> [Information given]:

-- ===== src/Supervisor/Open.antt =====
-- phronesis_supervisor_open and the accessors of supervisor.c. Memory is taken to suffice.
use mathlib.Core.Path.{subst}
use phronesis.Base.{
  ℕ, Bool, true, false, ◌≡◌, refl, arith, zero, suc, not, Option, none, some, List, [], ◌∷◌, ◌++◌,
  if◌then◌else◌,
}
use phronesis.Base.CString.{Bytes, CString, codes, fits}
use phronesis.Policy.Types.{Rc, ok, err_inval, err_io, is_ok}
use phronesis.Policy.Env.{Env}
use phronesis.World.{World, Os}
use phronesis.Paths.Dirs.{ensure_dir}
use phronesis.Paths.Resolve.{Resolved, Resolution, resolved, unresolved, paths_resolve}
use phronesis.Supervisor.Types.{Slot, zero_slot, Supervisor, max_agents, path_max, slot_or}
use phronesis.Supervisor.Slots.Unique.{IsTable}

abbrev zero_slots : ℕ → List Slot
zero_slots zero = []
zero_slots (suc n) = zero_slot ∷ zero_slots n

-- calloc(1, sizeof(*s)), and the paths
unfoldable pub new_supervisor : Resolved → Bytes → Supervisor
new_supervisor r agents_dir = record {
  state_dir = r.state_dir;
  runtime_dir = r.runtime_dir;
  action_log = r.action_log;
  agents_dir = agents_dir;
  agents = zero_slots max_agents;
}

unfoldable pub open_resolved : Os → Resolution → World → (Rc × Option Supervisor) × World
unfolding new_supervisor
open_resolved os (unresolved rc) w = ((rc, none), w)
open_resolved os (resolved r) w =
    let agents_dir = r.runtime_dir ++ codes "/agents" in
    let (rc, w') = ensure_dir os (some agents_dir) 0o700 w in
    if not (fits path_max agents_dir)
    then ((err_inval, none), w)
    else if not (is_ok rc)
    then ((err_io, none), w')
    else ((ok, some (new_supervisor r agents_dir)), w')

unfoldable pub supervisor_open :
    Os → Env → CString → CString → World → (Rc × Option Supervisor) × World
unfolding open_resolved
supervisor_open os getenv state_dir runtime_dir w =
    let (r, w') = paths_resolve os getenv state_dir runtime_dir w in open_resolved os r w'

slot_or-zero_slots : (n i : ℕ) → slot_or (zero_slots n) i ≡ zero_slot
slot_or-zero_slots zero i = refl
slot_or-zero_slots (suc n) zero = refl
slot_or-zero_slots (suc n) (suc i) = slot_or-zero_slots n i

-- A supervisor that has just been opened has a table of sixteen free slots.
pub new_supervisor-IsTable :
    (r : Resolved) (agents_dir : Bytes) → IsTable (new_supervisor r agents_dir)
unfolding new_supervisor
new_supervisor-IsTable r agents_dir = record {
  size = refl;
  distinct = λ i j p q e. ground (arith, slot_or-zero_slots max_agents i);
}

step_opened :
    (b : Bool) (x y : (Rc × Option Supervisor) × World) (s : Supervisor)
    → (x.0.1 ≡ some s → IsTable s)
    → (y.0.1 ≡ some s → IsTable s)
    → (if b then x else y).0.1 ≡ some s
    → IsTable s
step_opened true x y s f g = f
step_opened false x y s f g = g

open_resolved-IsTable :
    (os : Os) (r : Resolution) (w : World) (s : Supervisor)
    → (open_resolved os r w).0.1 ≡ some s
    → IsTable s
unfolding open_resolved
open_resolved-IsTable os (unresolved rc) w s h = absurd (ground arith)
open_resolved-IsTable os (resolved r) w s h =
    let agents_dir = r.runtime_dir ++ codes "/agents" in
    let (rc, w') = ensure_dir os (some agents_dir) 0o700 w in
    step_opened (not (fits path_max agents_dir)) ((err_inval, none), w) _ s
      (λ e. absurd (ground arith))
      (step_opened (not (is_ok rc)) ((err_io, none), w')
        ((ok, some (new_supervisor r agents_dir)), w') s (λ e. absurd (ground arith))
        (λ e.
          let t : new_supervisor r agents_dir ≡ s = ground arith in
          subst IsTable t (new_supervisor-IsTable r agents_dir)))
      h

pub supervisor_open-IsTable :
    (os : Os) (getenv : Env) (state_dir runtime_dir : CString) (w : World) (s : Supervisor)
    → (supervisor_open os getenv state_dir runtime_dir w).0.1 ≡ some s
    → IsTable s
unfolding supervisor_open
supervisor_open-IsTable os getenv state_dir runtime_dir w s h =
    let (r, w') = paths_resolve os getenv state_dir runtime_dir w in
    open_resolved-IsTable os r w' s h
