-- ===== src/Policy/Workspace.antt =====
-- is_clean_abs_path and path_under_workspace of policy.c.
pub mod Containment
pub mod Complete
use phronesis.Base.{
  ℕ, Bool, true, false, ◌&&◌, ◌||◌, not, Option, none, some, List, [], ◌∷◌, ◌==◌, if◌then◌else◌,
}
use phronesis.Base.CString.{Bytes, CString, is_set, or_empty, strip_prefix}
use phronesis.Path.Lexical.{head_is, next, at_boundary, trim_slashes}

-- One turn of the loop at a '/': `r` is what follows it, `rest` what the later turns return.
unfoldable pub after_slash : Bytes → Bool → Bool
unfolding head_is next at_boundary
after_slash [] rest = true
after_slash (d ∷ r) rest =
    if d == b'/'
    then false
    else if d == b'.' && at_boundary r
    then false
    else if d == b'.' && head_is b'.' r && at_boundary (next r)
    then false
    else rest

-- for (p = path; *p; p++)
unfoldable pub clean_from : Bytes → Bool
unfolding after_slash
clean_from [] = true
clean_from (c ∷ r) = let rest = clean_from r in if c == b'/' then after_slash r rest else rest

unfoldable pub is_clean_abs_path : Bytes → Bool
unfolding clean_from head_is
is_clean_abs_path path = head_is b'/' path && clean_from path

-- strncmp(path, workspace, wl) == 0, and path[wl] is '\0' or '/'
unfoldable pub under_prefix : Bytes → Bytes → Bool
unfolding at_boundary
under_prefix prefix path = elim (strip_prefix prefix path) [ none ↦ false | some r ↦ at_boundary r ]

unfoldable pub path_under_workspace : CString → CString → Bool
unfolding under_prefix trim_slashes
path_under_workspace workspace path =
    if not (is_set workspace) || not (is_set path)
    then false
    else if not (is_clean_abs_path (or_empty workspace)) || not (is_clean_abs_path (or_empty path))
    then false
    else under_prefix (trim_slashes (or_empty workspace)) (or_empty path)
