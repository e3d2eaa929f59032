-- ===== src/Policy/Sensitive.antt =====
-- path_is_sensitive of policy.c: the paths of credential material.
pub mod Prefix
use phronesis.Base.{
  ℕ, Bool, true, false, ◌&&◌, ◌||◌, not, Option, none, some, List, [], ◌∷◌, ◌==◌, if◌then◌else◌,
}
use phronesis.Base.CString.{
  Bytes, CString, codes, is_set, or_empty, strcmp_eq, starts_with, strstr, strrchr,
}

-- base = strrchr(path, '/'); base = base ? base + 1 : path;
unfoldable pub base_name : Bytes → Bytes
base_name path = elim (strrchr path b'/') [ none ↦ path | some [] ↦ path | some (c ∷ base) ↦ base ]

unfoldable pub sensitive_base : Bytes → Bool
sensitive_base base =
    strcmp_eq base (codes ".env")
    || starts_with (codes ".env.") base
    || strcmp_eq base (codes ".netrc")
    || strcmp_eq base (codes ".npmrc")
    || strcmp_eq base (codes ".pypirc")
    || strcmp_eq base (codes "id_rsa")
    || strcmp_eq base (codes "id_ed25519")
    || strcmp_eq base (codes "id_ecdsa")
    || strcmp_eq base (codes "id_dsa")
    || strcmp_eq base (codes "credentials")
    || strcmp_eq base (codes "credentials.json")
    || strcmp_eq base (codes "service-account.json")
    || strcmp_eq base (codes "token")
    || strcmp_eq base (codes "secrets.yaml")
    || strcmp_eq base (codes "secrets.yml")
    || strcmp_eq base (codes "secrets.json")

unfoldable pub sensitive_component : Bytes → Bool
sensitive_component path =
    strstr path (codes "/.ssh/")
    || strstr path (codes "/.gnupg/")
    || strstr path (codes "/.aws/")
    || strstr path (codes "/.kube/")
    || strstr path (codes "/.docker/")
    || strstr path (codes "/.password-store/")
    || strstr path (codes "/.config/gcloud/")
    || strstr path (codes "/private_dot_")
    || strstr path (codes "/.vault/")

sensitive_suffix : Bytes → Bool
sensitive_suffix p =
    strcmp_eq p (codes ".pem")
    || strcmp_eq p (codes ".key")
    || strcmp_eq p (codes ".p12")
    || strcmp_eq p (codes ".pfx")

-- p = strrchr(path, '.'), and the tests on it
unfoldable pub sensitive_extension : Bytes → Bool
unfolding sensitive_suffix
sensitive_extension path = elim (strrchr path b'.') [ none ↦ false | some p ↦ sensitive_suffix p ]

unfoldable pub sensitive_path : Bytes → Bool
sensitive_path path =
    sensitive_base (base_name path) || sensitive_component path || sensitive_extension path

unfoldable pub path_is_sensitive : CString → Bool
path_is_sensitive path = if is_set path then sensitive_path (or_empty path) else false
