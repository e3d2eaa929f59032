-- ===== src/Policy/Eval.antt =====
-- phronesis_policy_eval of policy.c, with a result to write to, as every caller in the repository
-- passes one; the trace events are those of playground builds and are not part of a product build.
pub mod Decisions
use phronesis.Base.{Bool, true, false, ◌&&◌, ◌||◌, not, Option, none, some, ◌==◌, if◌then◌else◌}
use phronesis.Base.CString.{Bytes, CString, codes, is_set, or_empty, strcmp_eq}
use phronesis.Policy.Types.{
  Decision, deny, allow, prompt, Reason, tools_default_deny, path_outside_workspace,
  path_under_workspace_allow, high_risk_prompt, seat_board_allow, model_start_allow,
  missing_tool_action, unknown_seat_action, shell_exec_allow, path_sensitive_deny,
  secret_export_denied, PolicyResult, policy_result_set,
}
use phronesis.Policy.Env.{Env, policy_deny_all}
use phronesis.Policy.Workspace.{path_under_workspace}
use phronesis.Policy.Sensitive.{path_is_sensitive}

abbrev pub is : Bytes → Bytes → Bool
is s word = strcmp_eq s word

unfoldable pub seat_action : Bytes → Bool
seat_action action =
    is action (codes "publish_run")
    || is action (codes "read_run")
    || is action (codes "list_runs")
    || is action (codes "list_events")

-- The part of the table behind the tools "seat" and "model".
unfoldable pub eval_path : CString → Bytes → Bytes → CString → PolicyResult
eval_path workspace tool action path =
    if is action (codes "secret_export")
    then policy_result_set deny secret_export_denied
    else if is_set path
        && path_is_sensitive path
        && (is action (codes "read")
            || is action (codes "write")
            || is action (codes "delete")
            || is action (codes "exec"))
    then policy_result_set deny path_sensitive_deny
    else if is action (codes "delete") || is action (codes "network") || is action (codes "sudo")
    then policy_result_set prompt high_risk_prompt
    else if (is action (codes "read") || is action (codes "write"))
        && is_set path
        && path_under_workspace workspace path
    then policy_result_set allow path_under_workspace_allow
    else if is tool (codes "shell")
        && is action (codes "exec")
        && is_set path
        && path_under_workspace workspace path
    then policy_result_set allow shell_exec_allow
    else if is_set path && not (path_under_workspace workspace path)
    then policy_result_set deny path_outside_workspace
    else policy_result_set deny tools_default_deny

unfoldable pub policy_eval : Env → CString → CString → CString → CString → PolicyResult
policy_eval getenv workspace tool action path =
    if policy_deny_all getenv
    then policy_result_set deny Reason.deny_all
    else if not (is_set tool) || not (is_set action)
    then policy_result_set deny missing_tool_action
    else if is (or_empty tool) (codes "seat")
    then (if seat_action (or_empty action)
        then policy_result_set allow seat_board_allow
        else policy_result_set deny unknown_seat_action)
    else if is (or_empty tool) (codes "model") && is (or_empty action) (codes "start")
    then policy_result_set allow model_start_allow
    else eval_path workspace (or_empty tool) (or_empty action) path
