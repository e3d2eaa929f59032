-- ===== src/Supervisor/Ids.antt =====
-- valid_id and valid_token of supervisor.c.
use phronesis.Base.{
  ℕ, Bool, true, false, ◌&&◌, ◌||◌, not, none, some, [], ◌∷◌, ltb, leb, ◌==◌, length,
}
use phronesis.Base.CString.{Bytes, CString, nonempty}
use phronesis.Supervisor.Types.{id_max}

abbrev pub id_char : ℕ → Bool
id_char c =
    leb b'a' c && leb c b'z'
    || leb b'A' c && leb c b'Z'
    || leb b'0' c && leb c b'9'
    || c == b'-'
    || c == b'_'

unfoldable pub id_chars : Bytes → Bool
id_chars [] = true
id_chars (c ∷ s) = id_char c && id_chars s

unfoldable pub valid_id : CString → Bool
unfolding id_chars
valid_id none = false
valid_id (some id) = nonempty id && ltb (length id) id_max && id_chars id

unfoldable pub token_chars : Bytes → Bool
token_chars [] = true
token_chars (c ∷ s) = not (leb c 0x20 || c == 0x7f) && token_chars s

unfoldable pub valid_token : Bytes → ℕ → Bool
unfolding token_chars
valid_token s maxlen = nonempty s && ltb (length s) maxlen && token_chars s
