-- ===== src/Supervisor/Process.antt =====
-- reap_slot and kill_tree of supervisor.c: the signals and waits on an agent's processes.
pub mod Signals
use phronesis.Base.{
  ℕ, zero, suc, ◌+◌, Bool, true, false, ◌&&◌, ◌||◌, not, Option, none, some, List, [], ◌∷◌,
  if◌then◌else◌,
}
use phronesis.Base.Int.{ℤ, pos, negsuc, gt_ℕ}
use phronesis.Policy.Types.{Rc, ok, err_inval}
use phronesis.World.{
  World, Os, Call, signal, wait_for, slept, call, KillAnswer, delivered, no_process, refused,
}
use phronesis.Supervisor.Types.{Slot, AgentState, stopped, is_running}

-- The signal numbers of Linux, and the null signal.
abbrev pub sigterm : ℕ
sigterm = 15

abbrev pub sigkill : ℕ
sigkill = 9

abbrev pub kill : Os → ℤ → ℕ → World → KillAnswer × World
kill os target sig w = (os.kill_answer w.calls, call (signal target sig) w)

-- waitpid(target, &st, WNOHANG): the status, if a process is reaped.
abbrev pub waitpid : Os → ℤ → World → Option ℤ × World
waitpid os target w = (os.wait_answer w.calls, call (wait_for target) w)

abbrev pub is_gone : KillAnswer → Bool
is_gone no_process = true
is_gone _ = false

abbrev pub is_delivered : KillAnswer → Bool
is_delivered delivered = true
is_delivered _ = false

abbrev stop_with : ℤ → Slot → Slot
stop_with st a = record a { exit_status = st; state = stopped; pid = pos 0 }

-- Behind the two calls: what they tell of the slot's process.
unfoldable pub reaped : KillAnswer → Option ℤ → Slot → Slot
reaped answer (some st) a = stop_with st a
reaped no_process none a = stop_with (negsuc 0) a
reaped delivered none a = a
reaped refused none a = a

unfoldable pub reap_slot : Os → Slot → World → Slot × World
unfolding reaped
reap_slot os a w =
    let (answer, w1) = kill os a.pid 0 w in
    let (status, w2) = waitpid os a.pid w1 in
    if not (is_running a.state) || not (gt_ℕ a.pid 0) then (a, w) else (reaped answer status a, w2)

-- -pgid
abbrev pub negate : ℤ → ℤ
negate (pos zero) = pos zero
negate (pos (suc n)) = negsuc n
negate (negsuc n) = pos (suc n)

-- for (tries = 0; tries < n; tries++): until the group is gone
unfoldable pub wait_group : Os → ℤ → ℕ → World → World
wait_group os group zero w = w
wait_group os group (suc n) w =
    let (answer, w1) = kill os group 0 w in
    let (status, w2) = waitpid os group w1 in
    let later = wait_group os group n (call slept w2) in if is_gone answer then w1 else later

-- while (waitpid(group, &st, WNOHANG) > 0), with fuel
unfoldable pub drain_group : Os → ℤ → ℕ → World → World
drain_group os group zero w = w
drain_group os group (suc n) w =
    let (status, w1) = waitpid os group w in
    let later = drain_group os group n w1 in elim status [ none ↦ w1 | some st ↦ later ]

abbrev tries : ℕ
tries = 50

-- From SIGTERM to the last wait, for a process group.
unfoldable pub kill_group : Os → ℤ → World → World
unfolding wait_group drain_group
kill_group os group w =
    let w1 = wait_group os group tries (kill os group sigterm w).1 in
    let (left, w2) = kill os group 0 w1 in
    let w3 =
      if is_delivered left then wait_group os group tries (kill os group sigkill w2).1 else w2 in
    drain_group os group (os.group_size + 1) w3

unfoldable pub kill_tree : Os → ℤ → World → Rc × World
unfolding kill_group
kill_tree os pgid w =
    if not (gt_ℕ pgid 1) then (err_inval, w) else (ok, kill_group os (negate pgid) w)
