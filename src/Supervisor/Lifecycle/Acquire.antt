-- ===== src/Supervisor/Lifecycle/Acquire.antt =====
-- What phronesis_supervisor_start and phronesis_supervisor_bind share: the checks on their
-- arguments, and the way to a slot for the agent.
use phronesis.Base.{ℕ, Bool, ◌&&◌, ◌||◌, not, none, some, if◌then◌else◌}
use phronesis.Base.CString.{Bytes, CString, is_set, or_empty}
use phronesis.Policy.Types.{Rc, err_notfound, err_state}
use phronesis.World.{World, Os}
use phronesis.Supervisor.Types.{Supervisor, slot_at, put_slot, is_running, mode_max, path_max}
use phronesis.Supervisor.Ids.{valid_id, valid_token}
use phronesis.Supervisor.Slots.{Loaded, loaded, not_loaded, load_agent, alloc_mem, fresh_slot}
use phronesis.Supervisor.Process.{reap_slot}

-- A mode or a workspace that is given is a token.
unfoldable pub valid_option : CString → ℕ → Bool
valid_option s maxlen = not (is_set s) || valid_token (or_empty s) maxlen

unfoldable pub valid_agent : CString → CString → CString → Bool
unfolding valid_option
valid_agent agent_id mode workspace =
    valid_id agent_id && valid_option mode mode_max && valid_option workspace path_max

-- The slot to fill, the slot of an agent that runs, or the error.
pub data Acquired : Type 0 where
  vacant : ℕ → Acquired
  occupied : ℕ → Acquired
  refused : Rc → Acquired

-- reap_slot(a) on s->agents[i]
unfoldable pub reap_at : Os → Supervisor → ℕ → World → Supervisor × World
unfolding reap_slot
reap_at os s i w = let (a, w') = reap_slot os (slot_at s i) w in (put_slot s i a, w')

-- a = alloc_mem(s); snprintf(a->id, sizeof(a->id), "%s", agent_id); a valid id fits.
unfoldable pub acquire_new : Supervisor → Bytes → Acquired × Supervisor
unfolding alloc_mem
acquire_new s id = elim (alloc_mem s) [
  | none ↦ (refused err_state, s)
  | some (i, s') ↦ (vacant i, put_slot s' i (record fresh_slot { id = id }))
]

unfoldable pub acquire_loaded :
    Os → Bytes → Loaded → Supervisor → World → Acquired × Supervisor × World
unfolding reap_at acquire_new
acquire_loaded os id (loaded i) s w =
    let (s', w') = reap_at os s i w in
    (if is_running (slot_at s' i).state then occupied i else vacant i, s', w')
acquire_loaded os id (not_loaded err_notfound) s w = let (a, s') = acquire_new s id in (a, s', w)
acquire_loaded os id (not_loaded rc) s w = (refused rc, s, w)

unfoldable pub acquire : Os → Supervisor → Bytes → World → Acquired × Supervisor × World
unfolding load_agent acquire_loaded
acquire os s id w = let (l, s', w') = load_agent os s id w in acquire_loaded os id l s' w'
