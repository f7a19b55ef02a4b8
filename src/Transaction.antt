-- ===== src/Transaction.antt =====
-- The transactions of solo mining (ethminer/SignTx.h): their serialisation, with and without the
-- signature, and signing. The curve's library and the hash are arguments.
pub mod Serial
pub mod Payload
pub mod Signing
use mvis_tokenminer.Prelude.{ℕ, ◌+◌, ◌-◌, ◌*◌, ◌/◌, ◌%◌, ◌^◌, List, [], ◌∷◌, map, Option}
use mvis_tokenminer.Prelude.{none, some, Bool, true, false, ◌||◌, not, ltb, leb, ◌==◌}
use mvis_tokenminer.Prelude.{if◌then◌else◌, Result, ok, err, ◌>>=◌}
use mvis_tokenminer.Rlp.Constants.{RlpError}
use mvis_tokenminer.Rlp.Stream.{
  RlpStream, empty_stream, append_list, append_int, append_bytes, finish,
}

pub data RlpMode : Type 0 where
  generate_sig_hash : RlpMode
  generate_payload : RlpMode

-- `SignatureStruct`
pub record SignatureStruct : Type 0 where
  pub r : ℕ
  pub s : ℕ
  pub v : ℕ

pub record Transaction : Type 0 where
  pub chain_id : ℕ
  pub nonce : ℕ
  pub value : ℕ
  pub receive_address : List ℕ
  pub gas_price : ℕ
  pub gas : ℕ
  pub call_data : List ℕ
  pub tx_hash : List ℕ
  pub challenge : List ℕ
  pub eip1559 : Bool
  pub priority_fee : ℕ
  pub max_fee : ℕ
  pub vrs : SignatureStruct

-- The last three items of the serialisation.
pub stream_signature : SignatureStruct → RlpStream → Result RlpError RlpStream
stream_signature vrs s = append_int vrs.v s >>= append_int vrs.r >>= append_int vrs.s

-- The two branches of `streamRLP`; the access list is an empty vector.
pub stream_typed : RlpMode → Transaction → RlpStream → Result RlpError RlpStream
stream_typed mode t s =
    append_list (count mode) s
    >>= append_int t.chain_id
    >>= append_int t.nonce
    >>= append_int t.priority_fee
    >>= append_int t.max_fee
    >>= append_int t.gas
    >>= append_bytes t.receive_address false
    >>= append_int t.value
    >>= append_bytes t.call_data false
    >>= append_list 0
    >>= last mode
  where
    count : RlpMode → ℕ
    count generate_sig_hash = 9
    count generate_payload = 12

    last : RlpMode → RlpStream → Result RlpError RlpStream
    last generate_sig_hash out = ok out
    last generate_payload out = stream_signature t.vrs out

pub stream_legacy : RlpMode → Transaction → RlpStream → Result RlpError RlpStream
stream_legacy mode t s =
    append_list 9 s
    >>= append_int t.nonce
    >>= append_int t.gas_price
    >>= append_int t.gas
    >>= append_bytes t.receive_address false
    >>= append_int t.value
    >>= append_bytes t.call_data false
    >>= last mode
  where
    last : RlpMode → RlpStream → Result RlpError RlpStream
    last generate_payload out = stream_signature t.vrs out
    last generate_sig_hash out = append_int t.chain_id out >>= append_int 0 >>= append_int 0

-- `streamRLP`
pub stream_rlp : RlpMode → Transaction → RlpStream → Result RlpError RlpStream
stream_rlp mode t s = if t.eip1559 then stream_typed mode t s else stream_legacy mode t s

abbrev pub transaction_type : ℕ
transaction_type = 2

-- `rlp`
pub rlp : RlpMode → Transaction → Result RlpError (List ℕ)
rlp mode t = stream_rlp mode t empty_stream >>= finish >>= λ bytes.
    ok (if t.eip1559 then transaction_type ∷ bytes else bytes)

-- `generateTxHash`
pub generate_tx_hash : (List ℕ → ℕ) → RlpMode → Transaction → Result RlpError ℕ
generate_tx_hash sha3 mode t = rlp mode t >>= λ bytes. ok (sha3 bytes)

-- `c_secp256k1n`, the order of the curve's group.
abbrev pub secp256k1n : ℕ
secp256k1n = 115792089237316195423570985008687907852837564279074904382605163141518161494337

-- `SignatureStruct::isValid`
pub is_valid : SignatureStruct → Bool
is_valid g =
    if ltb 1 g.v || leb secp256k1n g.r || leb secp256k1n g.s || ltb g.s 1 || ltb g.r 1
    then false
    else true

abbrev pub no_signature : SignatureStruct
no_signature = record { r = 0; s = 0; v = 0 }

-- `ss.v ^ 1`
abbrev pub flip_bit : ℕ → ℕ
flip_bit v = if v % 2 == 0 then v + 1 else v - 1

-- `signBytes`, with what `secp256k1_ecdsa_sign_compact` gives; the difference is one of `u256`.
pub sign_bytes : (ℕ → Option SignatureStruct) → ℕ → SignatureStruct
sign_bytes sign_compact hash = lower_s (sign_compact hash)
  where
    lower_s : Option SignatureStruct → SignatureStruct
    lower_s none = no_signature
    lower_s (some g) =
        if ltb (secp256k1n / 2) g.s
        then record g { v = flip_bit g.v; s = (2 ^ 256 + secp256k1n - g.s) % 2 ^ 256 }
        else g

-- `sign`, with the hash and the secret key's signing function.
pub sign : (List ℕ → ℕ) → (ℕ → Option SignatureStruct) → Transaction → Result RlpError Transaction
sign sha3 sign_compact t =
    generate_tx_hash sha3 generate_sig_hash t >>= λ hash. ok (signed (sign_bytes sign_compact hash))
  where
    signed : SignatureStruct → Transaction
    signed g =
        if is_valid g
        then if not t.eip1559
          then record t { vrs = record g { v = (g.v + (t.chain_id * 2 + 35)) % 2 ^ 32 } }
          else record t { vrs = g }
        else t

> [What the task asks]: Take every line above that includes the string "SignatureStruct" and return it.

> [Reply to the exercise]:
-- `SignatureStruct`
pub record SignatureStruct : Type 0 where
  pub vrs : SignatureStruct
pub stream_signature : SignatureStruct → RlpStream → Result RlpError RlpStream
-- `SignatureStruct::isValid`
pub is_valid : SignatureStruct → Bool
abbrev pub no_signature : SignatureStruct
pub sign_bytes : (ℕ → Option SignatureStruct) → ℕ → SignatureStruct
    lower_s : Option SignatureStruct → SignatureStruct
pub sign : (List ℕ → ℕ) → (ℕ → Option SignatureStruct) → Transaction → Result RlpError Transaction
    signed : SignatureStruct → Transaction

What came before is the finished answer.